Anyway, another fellow says "Nothing will beat 'em". so I ask where he got them. He says Florida. I ask who from and he all of the sudden gets amnesia. 

But then he says " it's the guy in the digest."

So now I'm itching to know who he's talking about. Any ideas?


----------



## blongboy (Nov 10, 2009)

dstephenson said:


> The club was crating birds tonight when one of the guys (always at the top of the sheet) hands me a bird and says "Trenton."
> 
> He was bragging on it in his own way (by handing it to me to hold and saying "Trenton"). At first I thought he was trying to bait me since this is the same man who told me to put Rain-x on my birds and they'd go better in the rain.
> 
> ...


i would love to find out too !! i always did like Trenton too


----------



## Guest (Sep 4, 2010)

mmmm trentons are great looking birds but honestly I dont think they are all that great at racing anymore if you ask me


----------



## Chocolate Head (May 18, 2009)

LokotaLoft said:


> mmmm trentons are great looking birds but honestly I dont think they are all that great at racing anymore if you ask me


That's what the guys in my club say too, but I'm fixin to find out. This is my first year racing and I bought Trentons before I had people in my area mentoring me.


----------



## Guest (Sep 4, 2010)

Chocolate Head said:


> That's what the guys in my club say too, but I'm fixin to find out. This is my first year racing and I bought Trentons before I had people in my area mentoring me.

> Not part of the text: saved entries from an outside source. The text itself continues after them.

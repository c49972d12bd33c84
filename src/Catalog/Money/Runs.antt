-- ===== src/Catalog/Money/Runs.antt =====
-- Runs of ledger operations, in whatever order the callers take the lock.
use zoen_gateway.Prelude.{◌+◌, ◌≡◌, arith}
use zoen_gateway.Prelude.Int.{ℤ, pos, pos_part, ◌≤ℤ◌, i64_max}
use zoen_gateway.Prelude.Text.{Text}
use zoen_gateway.Prelude.Map.{text_key, lookup}
use zoen_gateway.Catalog.Money.{
  Inner, new, balance, ensure_signup_grant, grant, reserve, settle, release,
}
use zoen_gateway.Catalog.Money.Worth.{held, worth, IsSound}
use zoen_gateway.Catalog.Money.Credits.{balance_nonneg, ensure_signup_grant_lem, grant_lem}
use zoen_gateway.Catalog.Money.Moves.{reserve_lem, settle_lem}

-- One call of a method.
pub data Move : Type 0 where
  signup : Text → Move
  credit : Text → ℤ → Move
  hold : Text → Text → ℤ → Move
  consume : Text → ℤ → Move
  free : Text → Move

abbrev pub run_move : Move → Inner → Inner
run_move (signup subject) g = (ensure_signup_grant subject g).1
run_move (credit subject micro) g = (grant subject micro g).1
run_move (hold subject call_id micro) g = (reserve subject call_id micro g).1
run_move (consume call_id actual) g = (settle call_id actual g).1
run_move (free call_id) g = (release call_id g).1

-- A credit finds room in the subject's worth, and a cost is an `i64`.
abbrev pub Fits : Move → Inner → Type 0
Fits (signup subject) g = pos (worth subject g + 1_000_000) ≤ℤ i64_max
Fits (credit subject micro) g = pos (worth subject g + pos_part micro) ≤ℤ i64_max
Fits (hold subject call_id micro) g = Unit
Fits (consume call_id actual) g = actual ≤ℤ i64_max
Fits (free call_id) g = Unit

pub data Reach : Inner → Type 0 where
  start : Reach new
  next : (m : Move) {g g' : Inner} → Reach g → Fits m g → g' ≡ run_move m g → Reach g'

new-IsSound : IsSound new
unfolding lookup held
new-IsSound = record {
  balances = λ k b e. cc;
  reserved = λ id h e. cc;
  unique = tt;
  fits = λ k. omega arith;
}

run_move-IsSound : (m : Move) (g : Inner) → Fits m g → IsSound g → IsSound (run_move m g)
unfolding release
run_move-IsSound (signup subject) g f s = (ensure_signup_grant_lem subject g s f).0
run_move-IsSound (credit subject micro) g f s = (grant_lem subject micro g s f).0
run_move-IsSound (hold subject call_id micro) g f s = (reserve_lem subject call_id micro g s).0
run_move-IsSound (consume call_id actual) g f s = (settle_lem call_id actual g s f).0
run_move-IsSound (free call_id) g f s = (settle_lem call_id (pos 0) g s (omega arith)).0

Reach-IsSound : {g : Inner} → Reach g → IsSound g
Reach-IsSound start = new-IsSound
Reach-IsSound (next m {g} r f e) = rw e (run_move-IsSound m g f (Reach-IsSound r))

-- However the calls interleave, if every credit fits then no balance is ever negative, every hold is
-- positive, and no two holds share a call id.
pub Reach-balance_nonneg : {g : Inner} → Reach g → IsSound g × ((k : Text) → pos 0 ≤ℤ balance k g)
Reach-balance_nonneg r = (Reach-IsSound r, λ k. balance_nonneg k _ (Reach-IsSound r))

oshaben trentons are prolly better at racing then the true trentons are at this point so it does depend on where you got them from  I wont lie I do myself love the look of the true trentons with their big wattles thou


----------



## Chocolate Head (May 18, 2009)

LokotaLoft said:


> oshaben trentons are prolly better at racing then the true trentons are at this point so it does depend on where you got them from  I wont lie I do myself love the look of the true trentons with their big wattles thou


That's good to hear b/c my Trentons came from Ed Oshaben's daughter, Laurie. She was very helpful and nice to deal with. When I bought from her, I was only interested in color and that they would make it home. That is still a big deal to me, but I'm trying my hand at racing. So far I am very intreged.


----------



## Kastle Loft (May 7, 2008)

Oshaben has a classified in the digest, so maybe it was him they were pretending to forget.


----------



## Kastle Loft (May 7, 2008)

Anyone else have any experience recently with the Oshaben Trentons? Either from Ed's daughter Laurie or his son Chuck in Florida?

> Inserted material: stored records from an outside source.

-- ===== src/Catalog/Tests.antt =====
-- The theorems on the ledger and on calls at concrete inputs.
use zoen_gateway.Prelude.{
  ◌-◌, ◌^◌, ℕ, zero, suc, ◌+◌, ◌≤◌, ◌<◌, Bool, true, false, Option, none, some, List, [], ◌∷◌, ◌≡◌,
  ◌≢◌, ◌↔◌, ◌⊎◌, refl, arith, inl, inr, if◌then◌else◌, is_some, unwrap_or,
}
use zoen_gateway.Prelude.Int.{ℤ, pos, negsuc, pos_part, ◌≤ℤ◌, i64_max}
use zoen_gateway.Prelude.Text.{Text, ascii, text_eq, text_eq_iff}
use zoen_gateway.Prelude.Map.{text_key, lookup, insert}
use zoen_gateway.Prelude.Json.{null}
use zoen_gateway.Prelude.Effect.{ok, err}
use zoen_gateway.Catalog.Money
use zoen_gateway.Catalog.Money.{Hold, Inner, ensure_signup_grant, grant, reserve, settle, release}
use zoen_gateway.Catalog.Money.Worth.{worth, IsSound}
use zoen_gateway.Catalog.Money.Moves.{settle_lem, owner_is, charged}
use zoen_gateway.Catalog.Money.Runs.{signup, hold, Reach, start, next, Reach-balance_nonneg}
use zoen_gateway.Catalog.Money.Undo.{reserve-release, settle_wraps}
use zoen_gateway.Catalog.Service.{Endpoint, Service, platform, get, from_catalog}
use zoen_gateway.Catalog.Call.{Invoke, endless, call}
use zoen_gateway.Catalog.Call.Ladder.{
  CallInput, ladder, metered, platform_key, team_tool, connection, filled, ladder-metered,
}
use zoen_gateway.Catalog.Call.Meter.{IsReady, Paid}
use zoen_gateway.Catalog.Call.Charges.{cost}
use zoen_gateway.Catalog.Call.Routes.{IsPriced, IsAcyclic, call_lem, call-ends, call-endless}

abbrev ana : Text
ana = ascii "ana"

abbrev c1 : Text
c1 = ascii "c1"

abbrev signed : Inner
signed = (ensure_signup_grant ana Money.new).1

abbrev held_one : Inner
held_one = (reserve ana c1 (pos 400) signed).1

signed-Reach : Reach signed
unfolding lookup zoen_gateway.Catalog.Money.Worth.held
signed-Reach = next (signup ana) start (omega arith) refl

held_one-Reach : Reach held_one
held_one-Reach = next (hold ana c1 (pos 400)) signed-Reach tt refl

Reach-balance_nonneg_example : IsSound held_one × ((k : Text) → pos 0 ≤ℤ Money.balance k held_one)
Reach-balance_nonneg_example = Reach-balance_nonneg held_one-Reach

signed-IsSound : IsSound signed
signed-IsSound = (Reach-balance_nonneg signed-Reach).0

held_one-IsSound : IsSound held_one
held_one-IsSound = (Reach-balance_nonneg held_one-Reach).0

new-IsSound : IsSound Money.new
new-IsSound = (Reach-balance_nonneg start).0

settle_lem_example :
    IsSound (settle c1 (pos 250) held_one).1
    × ((k : Text)
        → worth k (settle c1 (pos 250) held_one).1
            + (if owner_is k (lookup c1 held_one.holds)
                then charged (lookup c1 held_one.holds) (pos 250)
                else 0)
          ≡ worth k held_one)
    × ((id : Text)
        → lookup id (settle c1 (pos 250) held_one).1.holds
          ≡ (if text_eq c1 id then none else lookup id held_one.holds))
settle_lem_example = settle_lem c1 (pos 250) held_one held_one-IsSound (omega arith)

reserve-release_example :
    ((k : Text)
      → Money.balance k (release c1 (reserve ana c1 (pos 400) signed).1).1 ≡ Money.balance k signed)
    × ((id : Text)
        → lookup id (release c1 (reserve ana c1 (pos 400) signed).1).1.holds
          ≡ lookup id signed.holds)
unfolding reserve lookup ensure_signup_grant insert text_eq zoen_gateway.Prelude.Int.add_i64
    zoen_gateway.Prelude.Int.◌+ℤ◌
reserve-release_example = reserve-release ana c1 (pos 400) signed signed-IsSound (omega arith) refl

abbrev full : Inner
full = record {
  balance = (ana, i64_max) ∷ [];
  holds = (c1, record { subject = ana; reserved = pos 400 }) ∷ [];
  granted = [];
}

settle_wraps_example : Money.balance ana (settle c1 (pos 100) full).1 ≤ℤ negsuc 0
unfolding lookup text_eq
settle_wraps_example =
    settle_wraps c1 (pos 100) (record { subject = ana; reserved = pos 400 }) full (2 ^ 63 - 1) refl
      (omega arith) (omega arith) (omega arith) (omega arith) refl (omega arith) (omega arith)

abbrev answers : Invoke
answers endpoint input secret s = (ok (200, null), s)

abbrev search : Endpoint
search = record {
  id = ascii "search";
  capability = ascii "web.search";
  provider = ascii "acme";
  name = ascii "Search";
  summary = [];
  jobs = [];
  method = ascii "GET";
  path = ascii "/search";
  base_url = ascii "https://acme.test";
  access = platform;
  cost_micro = some (pos 250);
  query = null;
  routed_child = none;
  strict_query = false;
}

abbrev route : Endpoint
route = record search { id = ascii "route"; routed_child = some (ascii "search") }

abbrev ring : Endpoint
ring = record search { id = ascii "ring"; routed_child = some (ascii "ring") }

abbrev asked : Text → CallInput
asked id = record {
  id = id;
  query = [];
  body = none;
  subject = ana;
  connection_secret = none;
  team_tool_secret = none;
}

abbrev service : Service
service = record (from_catalog (search ∷ route ∷ [])) { ledger = signed }

abbrev ringed : Service
ringed = record (from_catalog (ring ∷ [])) { ledger = signed }

service-IsPriced : IsPriced service
unfolding get
service-IsPriced id endpoint found = ground arith

service-IsReady : IsReady ana service
unfolding ensure_signup_grant lookup insert text_eq
service-IsReady = record { sound = signed-IsSound; granted = refl }

call_lem_example :
    Paid ana
      (cost (call answers 2 (asked (ascii "route")) service).0)
      service
      (call answers 2 (asked (ascii "route")) service).1
call_lem_example =
    call_lem answers 2 (asked (ascii "route")) service (λ endpoint input secret s. refl)
      service-IsPriced service-IsReady

-- The route is one step from its end.
abbrev depth : Text → ℕ
depth id = if text_eq id (ascii "route") then 1 else 0

service-IsAcyclic : IsAcyclic depth service
unfolding get text_eq
service-IsAcyclic id child_id endpoint found routed =
    ground (arith, text_eq_iff id (ascii "route"), text_eq_iff child_id (ascii "search"))

call-ends_example : (call answers 2 (asked (ascii "route")) service).0 ≢ err endless
unfolding text_eq
call-ends_example =
    call-ends answers depth 2 (asked (ascii "route")) service service-IsAcyclic (omega arith)

call-endless_example : (call answers 9 (asked (ascii "ring")) ringed).0 ≡ err endless
unfolding get text_eq
call-endless_example = call-endless answers 9 (asked (ascii "ring")) ringed ring refl refl

abbrev unsent : Option Text
unsent = none

ladder-metered_example :
    ((metered platform_key ≡ true) ↔ (
      (filled (asked c1).team_tool_secret ≡ none)
      × (filled (asked c1).connection_secret ≡ none)
      × (search.access ≡ platform)
      × (is_some search.cost_micro ≡ true)))
    × ((unsent ≢ none) ↔ (
        ((platform_key ≡ team_tool) × (unsent ≡ filled (asked c1).team_tool_secret))
        ⊎ ((platform_key ≡ connection) × (unsent ≡ filled (asked c1).connection_secret))))
unfolding ladder
ladder-metered_example = ladder-metered search (asked c1) platform_key none refl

The guys in my club finally confirmed they were Chuck Oshabens. And they really like them. I'm gonna try and get their band numbers next week so I can see exactly how they fall on the race sheets here.


----------



## blongboy (Nov 10, 2009)

dstephenson said:


> Anyone else have any experience recently with the Oshaben Trentons? Either from Ed's daughter Laurie or his son Chuck in Florida?
> 
> The guys in my club finally confirmed they were Chuck Oshabens. And they really like them. I'm gonna try and get their band numbers next week so I can see exactly how they fall on the race sheets here.


i would love to see that


----------



## Guest (Sep 7, 2010)

dstephenson said:


> Anyone else have any experience recently with the Oshaben Trentons? Either from Ed's daughter Laurie or his son Chuck in Florida?
> 
> The guys in my club finally confirmed they were Chuck Oshabens. And they really like them. I'm gonna try and get their band numbers next week so I can see exactly how they fall on the race sheets here.

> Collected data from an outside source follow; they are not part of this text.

-- ===== src/Codemode.antt =====
-- crates/executor-codemode: the small language of code mode. Here a text stands for its code points,
-- on which equality and order are those of the bytes.
pub mod Token
pub mod Error
pub mod Ast
pub mod Lex
pub mod Parse
pub mod Host
pub mod Eval
pub mod Run
pub mod Compiled
mod Tests
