-- ===== src/Codemode/Ast.antt =====
-- crates/executor-codemode/src/ast.rs: statements and expressions.
use zoen_gateway.Prelude.Text.{Text}
use zoen_gateway.Prelude.Json.{Value}

mutual
  pub data Expr : Type 0 where
    await : Expr → Expr
    call : Expr → Exprs → Expr
    member : Expr → Text → Expr
    index : Expr → Expr → Expr
    ident : Text → Expr
    literal : Value → Expr
    object : Props → Expr
    array : Exprs → Expr

  pub data Exprs : Type 0 where
    nil : Exprs
    cons : Expr → Exprs → Exprs

  pub data Props : Type 0 where
    end : Props
    prop : Text → Expr → Props → Props

pub data Stmt : Type 0 where
  binding : Text → Expr → Stmt
  return : Expr → Stmt
  expr : Expr → Stmt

to be honest with you I think Oshabens have been mostly bred for color since eds has passed away and his kids took over but I cant swear by this I just havent read anythingt about their flying progress since that time


----------



## re lee (Jan 4, 2003)

Theres not one trenton bird in the world left. Now birds called trentons are still around But have NO bearing on what trenton bred. Just some body type of old line breeding. Trentons were distance based birds And tough birds for the day.


----------



## spirit wings (Mar 29, 2008)

re lee said:


> Theres not one trenton bird in the world left. Now birds called trentons are still around But have NO bearing on what trenton bred. Just some body type of old line breeding. Trentons were distance based birds And tough birds for the day.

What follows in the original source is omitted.